-- ===== src/Tags/Defs.antt =====
-- Reading and writing of tags.
use subnetwork_system_torchl.Prelude.{
  Bool, true, false, List, [], ◌∷◌, ◌++◌, Option, none, some, if◌then◌else◌, ℤ, pos, leb_ℤ, Outcome,
  ok, panic,
}
use subnetwork_system_torchl.Text.{Str, codes, str_eq, atoi, itoa}

pub record Tag : Type 0 where
  pub country : Str
  pub state : Str
  pub city : Str
  pub session : Str
  pub lifetime : ℤ

abbrev pub no_tag : Tag
no_tag = record { country = []; state = []; city = []; session = []; lifetime = pos 0 }

-- The five tests of the loop's body, for the word `v` and the word behind it.
unfoldable pub set_tag : Str → Str → Tag → Tag
set_tag v next t =
    let t1 = if str_eq v (codes "country") then record t { country = next } else t in
    let t2 = if str_eq v (codes "state") then record t1 { state = next } else t1 in
    let t3 = if str_eq v (codes "city") then record t2 { city = next } else t2 in
    let t4 = if str_eq v (codes "session") then record t3 { session = next } else t3 in
    if str_eq v (codes "lifetime") then record t4 { lifetime = (atoi next).0 } else t4

-- The loop of SOCKS.handlePasswordAuth, which looks behind the last word only if there is one.
unfoldable pub read_tags : List Str → Tag → Tag
read_tags [] t = t
read_tags (v ∷ []) t = t
read_tags (v ∷ next ∷ rest) t = read_tags (next ∷ rest) (set_tag v next t)

abbrev pub is_keyword : Str → Bool
is_keyword v =
    if str_eq v (codes "country")
    then true
    else if str_eq v (codes "state")
    then true
    else if str_eq v (codes "city")
    then true
    else if str_eq v (codes "session")
    then true
    else str_eq v (codes "lifetime")

-- The loop of HTTPRequest.BasicAuth, which indexes tagArray[i+1] behind every keyword.
unfoldable pub read_tags_http : {E : Type 0} → List Str → Tag → Outcome E Tag
read_tags_http [] t = ok t
read_tags_http (v ∷ []) t = if is_keyword v then panic else ok t
read_tags_http (v ∷ next ∷ rest) t = read_tags_http (next ∷ rest) (set_tag v next t)

pub data PoolGroup : Type 0 where
  netnut geonode iproyal other_group : PoolGroup

unfoldable pub pool_group : Str → PoolGroup
pool_group s =
    if str_eq s (codes "netnut")
    then netnut
    else if str_eq s (codes "geonode")
    then geonode
    else if str_eq s (codes "iproyal")
    then iproyal
    else other_group

-- `config += "-key-" + value`, if the value is not empty.
unfoldable pub part : Str → Str → Str
part key [] = []
part key (c ∷ value) = b'-' ∷ (key ++ b'-' ∷ c ∷ value)

unfoldable pub session_part : PoolGroup → Bool → Str → Str
session_part g false session = []
session_part netnut true session = b'-' ∷ (codes "session" ++ b'-' ∷ session)
session_part geonode true session = b'-' ∷ (codes "session" ++ b'-' ∷ session)
session_part iproyal true session = b'-' ∷ (codes "session" ++ b'-' ∷ session)
session_part other_group true session = []

unfoldable pub lifetime_text : Option ℤ → Str
lifetime_text none = codes "60"
lifetime_text (some d) = if leb_ℤ d (pos 0) then itoa d else codes "60"

-- GenerateproxyString; `session` is the random text that a sticky session gets, digits for netnut
-- and the first eight characters of a new UUID for the others.
unfoldable pub generate_proxy_string : Str → Str → Bool → Str → Str → Option ℤ → Str → Str
unfolding part session_part lifetime_text
generate_proxy_string group country sticky city state duration session =
    part (codes "country") country
    ++ (part (codes "state") state
        ++ (part (codes "city") city
            ++ (session_part (pool_group group) sticky session
                ++ b'-' ∷ (codes "lifetime" ++ b'-' ∷ lifetime_text duration))))
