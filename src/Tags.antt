-- ===== src/Tags.antt =====
-- The tags that a proxy user writes behind the password: worker/utils/structs.go (Tag, BasicAuth),
-- worker/services/socks.go (handlePasswordAuth) and the texts that Captain prints for users
-- (captain/internal/server/functions/userFunctions.go).
mod Defs
pub mod Accounts
pub mod Convert
pub mod Reading
pub mod Words
pub mod Roundtrip
unfoldable pub use Defs.*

---+---

• _Aim of the exercise_
Scan the records above, then copy out each line that mentions "atoi".

• _Solution to the exercise_
use subnetwork_system_torchl.Text.{Str, codes, str_eq, atoi, itoa}
    if str_eq v (codes "lifetime") then record t4 { lifetime = (atoi next).0 } else t4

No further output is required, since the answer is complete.